Word for word, restate the lines from the start of the data down to the line with "known_now ← in_proc_fs", both included.

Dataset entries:
=== Begin Enclosure ===
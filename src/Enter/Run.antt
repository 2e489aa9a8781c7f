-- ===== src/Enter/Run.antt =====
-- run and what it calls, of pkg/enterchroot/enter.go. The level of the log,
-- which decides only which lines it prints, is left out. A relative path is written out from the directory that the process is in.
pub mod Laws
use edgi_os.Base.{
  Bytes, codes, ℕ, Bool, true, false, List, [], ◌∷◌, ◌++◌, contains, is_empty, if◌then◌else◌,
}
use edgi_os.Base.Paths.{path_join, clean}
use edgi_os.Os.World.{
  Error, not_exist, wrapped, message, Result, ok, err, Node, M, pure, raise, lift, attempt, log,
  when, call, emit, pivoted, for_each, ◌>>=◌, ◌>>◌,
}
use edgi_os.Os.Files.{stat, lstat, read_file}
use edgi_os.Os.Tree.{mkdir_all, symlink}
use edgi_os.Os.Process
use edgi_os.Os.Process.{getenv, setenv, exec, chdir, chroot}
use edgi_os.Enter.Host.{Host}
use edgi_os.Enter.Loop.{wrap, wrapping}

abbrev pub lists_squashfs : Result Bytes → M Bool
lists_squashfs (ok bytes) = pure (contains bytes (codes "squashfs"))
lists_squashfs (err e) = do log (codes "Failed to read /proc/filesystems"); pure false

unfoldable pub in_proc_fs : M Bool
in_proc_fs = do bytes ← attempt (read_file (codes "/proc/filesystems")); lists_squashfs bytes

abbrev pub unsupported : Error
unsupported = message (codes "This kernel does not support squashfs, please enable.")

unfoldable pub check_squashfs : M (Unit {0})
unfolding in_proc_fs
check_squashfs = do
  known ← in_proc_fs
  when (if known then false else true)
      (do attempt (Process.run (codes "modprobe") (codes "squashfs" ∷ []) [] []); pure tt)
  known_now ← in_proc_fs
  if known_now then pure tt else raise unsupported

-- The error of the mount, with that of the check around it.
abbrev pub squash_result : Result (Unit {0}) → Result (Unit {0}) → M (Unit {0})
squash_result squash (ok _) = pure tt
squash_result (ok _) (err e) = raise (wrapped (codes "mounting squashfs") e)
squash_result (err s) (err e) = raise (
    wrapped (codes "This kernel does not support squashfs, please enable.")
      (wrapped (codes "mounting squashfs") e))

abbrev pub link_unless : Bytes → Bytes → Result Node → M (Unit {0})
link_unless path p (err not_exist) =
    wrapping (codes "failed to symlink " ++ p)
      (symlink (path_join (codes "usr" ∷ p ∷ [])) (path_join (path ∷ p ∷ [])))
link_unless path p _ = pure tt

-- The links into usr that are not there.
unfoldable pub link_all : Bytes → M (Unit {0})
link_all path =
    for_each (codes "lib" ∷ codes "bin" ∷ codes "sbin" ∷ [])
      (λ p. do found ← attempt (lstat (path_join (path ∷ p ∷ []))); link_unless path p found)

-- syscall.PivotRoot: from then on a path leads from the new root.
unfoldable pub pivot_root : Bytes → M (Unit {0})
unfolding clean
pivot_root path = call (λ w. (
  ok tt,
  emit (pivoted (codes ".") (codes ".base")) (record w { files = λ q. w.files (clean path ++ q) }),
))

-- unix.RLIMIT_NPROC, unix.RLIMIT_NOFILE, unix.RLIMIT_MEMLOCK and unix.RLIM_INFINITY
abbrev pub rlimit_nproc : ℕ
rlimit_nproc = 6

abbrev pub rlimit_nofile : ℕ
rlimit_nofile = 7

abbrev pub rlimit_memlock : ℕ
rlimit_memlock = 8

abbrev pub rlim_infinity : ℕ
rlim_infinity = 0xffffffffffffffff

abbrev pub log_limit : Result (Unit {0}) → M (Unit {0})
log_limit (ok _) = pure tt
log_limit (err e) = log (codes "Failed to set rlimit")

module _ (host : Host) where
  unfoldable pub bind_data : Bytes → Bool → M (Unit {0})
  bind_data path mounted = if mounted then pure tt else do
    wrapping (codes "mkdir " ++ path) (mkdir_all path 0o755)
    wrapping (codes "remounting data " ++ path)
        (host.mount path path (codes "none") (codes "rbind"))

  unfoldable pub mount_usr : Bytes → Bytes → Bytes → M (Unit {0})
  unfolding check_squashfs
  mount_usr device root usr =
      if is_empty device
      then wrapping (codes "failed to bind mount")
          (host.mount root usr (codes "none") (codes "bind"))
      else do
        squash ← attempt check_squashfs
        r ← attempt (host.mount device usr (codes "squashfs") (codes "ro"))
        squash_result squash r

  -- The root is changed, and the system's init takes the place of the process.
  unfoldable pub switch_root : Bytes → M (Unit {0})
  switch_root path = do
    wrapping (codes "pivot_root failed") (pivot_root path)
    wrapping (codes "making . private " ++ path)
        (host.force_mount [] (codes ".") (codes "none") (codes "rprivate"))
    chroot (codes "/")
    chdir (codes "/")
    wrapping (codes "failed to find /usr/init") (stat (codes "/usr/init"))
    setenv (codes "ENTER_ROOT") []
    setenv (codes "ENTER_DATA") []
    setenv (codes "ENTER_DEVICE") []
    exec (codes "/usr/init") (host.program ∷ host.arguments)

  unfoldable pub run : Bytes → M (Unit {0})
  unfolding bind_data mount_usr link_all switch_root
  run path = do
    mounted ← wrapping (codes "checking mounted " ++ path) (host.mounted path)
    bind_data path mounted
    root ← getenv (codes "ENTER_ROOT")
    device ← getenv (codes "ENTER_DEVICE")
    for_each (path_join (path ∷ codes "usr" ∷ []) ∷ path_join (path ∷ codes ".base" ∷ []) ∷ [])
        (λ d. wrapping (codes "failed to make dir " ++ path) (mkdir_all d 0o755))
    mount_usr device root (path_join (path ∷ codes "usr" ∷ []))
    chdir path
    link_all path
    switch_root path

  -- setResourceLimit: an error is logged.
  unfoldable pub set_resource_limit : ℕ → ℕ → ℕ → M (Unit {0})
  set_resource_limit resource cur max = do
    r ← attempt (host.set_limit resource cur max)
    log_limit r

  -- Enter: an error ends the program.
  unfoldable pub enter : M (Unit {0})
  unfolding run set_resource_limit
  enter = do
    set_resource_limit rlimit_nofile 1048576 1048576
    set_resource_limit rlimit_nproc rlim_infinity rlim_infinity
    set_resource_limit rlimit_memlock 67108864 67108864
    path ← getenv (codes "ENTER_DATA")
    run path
=== End Enclosure ===
» **Response to the task**:
filename src/Enter/Run.antt
repository 2e489aa9a8781c7f
-- ===== src/Enter/Run.antt =====
-- run and what it calls, of pkg/enterchroot/enter.go. The level of the log,
-- which decides only which lines it prints, is left out. A relative path is written out from the directory that the process is in.
pub mod Laws
use edgi_os.Base.{
  Bytes, codes, ℕ, Bool, true, false, List, [], ◌∷◌, ◌++◌, contains, is_empty, if◌then◌else◌,
}
use edgi_os.Base.Paths.{path_join, clean}
use edgi_os.Os.World.{
  Error, not_exist, wrapped, message, Result, ok, err, Node, M, pure, raise, lift, attempt, log,
  when, call, emit, pivoted, for_each, ◌>>=◌, ◌>>◌,
}
use edgi_os.Os.Files.{stat, lstat, read_file}
use edgi_os.Os.Tree.{mkdir_all, symlink}
use edgi_os.Os.Process
use edgi_os.Os.Process.{getenv, setenv, exec, chdir, chroot}
use edgi_os.Enter.Host.{Host}
use edgi_os.Enter.Loop.{wrap, wrapping}

abbrev pub lists_squashfs : Result Bytes → M Bool
lists_squashfs (ok bytes) = pure (contains bytes (codes "squashfs"))
lists_squashfs (err e) = do log (codes "Failed to read /proc/filesystems"); pure false

unfoldable pub in_proc_fs : M Bool
in_proc_fs = do bytes ← attempt (read_file (codes "/proc/filesystems")); lists_squashfs bytes

abbrev pub unsupported : Error
unsupported = message (codes "This kernel does not support squashfs, please enable.")

unfoldable pub check_squashfs : M (Unit {0})
unfolding in_proc_fs
check_squashfs = do
  known ← in_proc_fs
  when (if known then false else true)
      (do attempt (Process.run (codes "modprobe") (codes "squashfs" ∷ []) [] []); pure tt)
  known_now ← in_proc_fs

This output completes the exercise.